You did the right thing, and clearly your SIL hasn't got much experience in abuse. It's no wonder this is tough. He's your dad. He was supposed to be your superman, your rock. And I am sure in some ways he was. But then he'd turn around and wail you for crying or whathaveyou...so...mixed messages lead to mixed emotions. It's to be expected that you will question this decision plenty...but violence is never okay, not physical or passive violence.
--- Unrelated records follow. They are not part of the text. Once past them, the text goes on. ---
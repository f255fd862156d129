-- ===== src/Context/Async.antt =====
-- What a thread that schedules a physical action through the `AsyncCtx` of
-- src/scheduler/context.rs does to the action and to the channel of the scheduler.
use reactor_rs.Common.{
  ◌+◌, ◌≡◌, true, false, ◌||◌, ◌&&◌, not, Option, none, [], ◌∷◌, ◌++◌, if◌then◌else◌, arith,
}
use reactor_rs.Tag.{EventTag, Instant, Offset, tag_eq, absolute, to_duration}
use reactor_rs.Queue.{physical_trigger}
use reactor_rs.Actions.{PhysicalActionRef, schedule_future_value, is_present, get_value, use_mut_p}
use reactor_rs.Actions.Values.{IsAction, schedule_future_value_lem, forget_value_lem}
use reactor_rs.Tag.Order.{tag_cmp_self}
use reactor_rs.Context.{
  Channel, SendResult, sent_ok, send_error, send, schedule_and_send, schedule_physical_with_v,
}

-- The tag at which a physical action is scheduled.
abbrev pub physical_tag : Instant → Instant → Offset → EventTag
physical_tag now initial_time offset = absolute initial_time (now + to_duration offset)

module _ {T : Type 0} (now initial_time : Instant) (tx : Channel) (r : PhysicalActionRef T)
    (value : Option T) (offset : Offset) (good : IsAction r.action) where
  abbrev tag : EventTag
  tag = physical_tag now initial_time offset

  abbrev result : (SendResult (Option T) × Channel) × PhysicalActionRef T
  result = schedule_physical_with_v now initial_time tx r value offset

  -- If the lock of the action is not poisoned and the scheduler still receives, one event for the
  -- action is sent, and the action is present with the value at the event's tag and reads as before
  -- at every other.
  pub schedule_physical_delivers :
      r.poisoned ≡ false
      → tx.connected ≡ true
      → (result.0.0 ≡ sent_ok)
        × (result.0.1.sent ≡ tx.sent ++ (physical_trigger tag r.action.id ∷ []))
        × ((t : EventTag)
            → (is_present result.1.action t ≡ (tag_eq t tag || is_present r.action t))
              × (get_value result.1.action t
                  ≡ (if tag_eq t tag then value else get_value r.action t)))
  unfolding schedule_physical_with_v schedule_and_send use_mut_p send
  schedule_physical_delivers healthy up =
      let (_, reads) = schedule_future_value_lem r.action tag value good in
      (
        rw (healthy, up),
        rw (healthy, up),
        λ t. (rw (healthy, up) (reads t).0, rw (healthy, up) (reads t).1),
      )

  -- If the lock of the action is not poisoned and the scheduler is gone, nothing is sent and the
  -- error returns the value; the action is absent at the tag and reads as before at every other.
  pub schedule_physical_fails :
      r.poisoned ≡ false
      → tx.connected ≡ false
      → (result.0.0 ≡ send_error value)
        × (result.0.1 ≡ tx)
        × ((t : EventTag)
            → (is_present result.1.action t ≡ (not (tag_eq t tag) && is_present r.action t))
              × (get_value result.1.action t
                  ≡ (if tag_eq t tag then none else get_value r.action t)))
  unfolding schedule_physical_with_v schedule_and_send use_mut_p send
  schedule_physical_fails healthy down =
      let (kept, reads) = schedule_future_value_lem r.action tag value good in
      let (_, old, left) = forget_value_lem (schedule_future_value r.action tag value) tag kept in
      (
        rw (healthy, down) (ground (arith, old, (reads tag).1, tag_cmp_self tag)),
        rw (healthy, down),
        λ t. (
          rw (healthy, down) (ground (arith, (left t).0, (reads t).0)),
          rw (healthy, down) (ground (arith, (left t).1, (reads t).1)),
        ),
      )
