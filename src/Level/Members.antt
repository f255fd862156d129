-- ===== src/Level/Members.antt =====
-- What the operations of `Level` in src/scheduler/dependencies.rs do to its members, for the hash
-- set of the default build.
use reactor_rs.Common.{◌≡◌, refl, true, false, ◌||◌, List, [], ◌∷◌, ◌++◌, arith}
use reactor_rs.Ids.{GlobalReactionId, id_eq}
use reactor_rs.Level.{Level, contains, is_empty, insert, extend}

pub contains_same :
    (l : Level) (id q : GlobalReactionId) → id_eq id q ≡ true → contains l id ≡ contains l q
unfolding contains id_eq
contains_same [] id q e = refl
contains_same (j ∷ l) id q e = ground (arith, contains_same l id q e)

pub contains-insert :
    (l : Level) (id q : GlobalReactionId) → contains (insert l id) q ≡ (id_eq id q || contains l q)
unfolding insert contains
contains-insert l id q = ground (arith, contains_same l id q)

pub contains-append :
    (l ids : Level) (q : GlobalReactionId)
    → contains (l ++ ids) q ≡ (contains l q || contains ids q)
unfolding contains
contains-append [] ids q = refl
contains-append (j ∷ l) ids q = ground (arith, contains-append l ids q)

pub contains-extend :
    (l : Level) (ids : List GlobalReactionId) (q : GlobalReactionId)
    → contains (extend l ids) q ≡ (contains l q || contains ids q)
unfolding extend contains
contains-extend l [] q = ground arith
contains-extend l (id ∷ ids) q =
    ground (arith, contains-extend (insert l id) ids q, contains-insert l id q)

-- No id stands twice.
abbrev pub Distinct : Level → Type 0
Distinct [] = Unit
Distinct (j ∷ l) = (contains l j ≡ false) × Distinct l

pub insert-Distinct : (l : Level) (id : GlobalReactionId) → Distinct l → Distinct (insert l id)
unfolding insert
insert-Distinct l id d = ground arith

pub extend-Distinct :
    (l : Level) (ids : List GlobalReactionId) → Distinct l → Distinct (extend l ids)
unfolding extend
extend-Distinct l [] d = d
extend-Distinct l (id ∷ ids) d = extend-Distinct (insert l id) ids (insert-Distinct l id d)

-- Adding one id or many to a set without duplicates leaves it without duplicates, and its members
-- are the old ones and the added.
pub Level-set :
    (l : Level) (id : GlobalReactionId) (ids : List GlobalReactionId)
    → Distinct l
    → Distinct (insert l id)
      × Distinct (extend l ids)
      × ((q : GlobalReactionId) → contains (insert l id) q ≡ (id_eq id q || contains l q))
      × ((q : GlobalReactionId) → contains (extend l ids) q ≡ (contains l q || contains ids q))
Level-set l id ids d =
    (insert-Distinct l id d, extend-Distinct l ids d, contains-insert l id, contains-extend l ids)

pub is_empty-contains :
    (l : Level) (q : GlobalReactionId) → is_empty l ≡ true → contains l q ≡ false
unfolding is_empty contains
is_empty-contains [] q e = refl
is_empty-contains (j ∷ l) q e = ground arith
It is unfortunate that he refuses to grow up and be a grandpa. But that's his choice. The only thing you can do is protect your family. You're doing the right thing.


----------



## Lazurii (Apr 1, 2011)

I thought I would post an update since it's been about a month. It seems so much longer than that.

My dad hasn't contacted me at all. I expected it, but it still hurts like crazy. To me it feels like there is a very strong message of, "You didn't do what I wanted, so I don't even want you as a daughter." You know, 'cause love is conditional and all that. But I'm also relieved that he hasn't tried to talk to me because I just couldn't handle it right now. I'm pretty sure I would have another panic attack if he did try calling.

I've been depressed since my son's birth but this latest thing with my dad and then my son really threw me into a funk and things have been really bad around here. I've started seeing a therapist on Wednesday that specializes in women and depression and I think I really like her. We're starting weekly sessions and I'm excited to start working on things.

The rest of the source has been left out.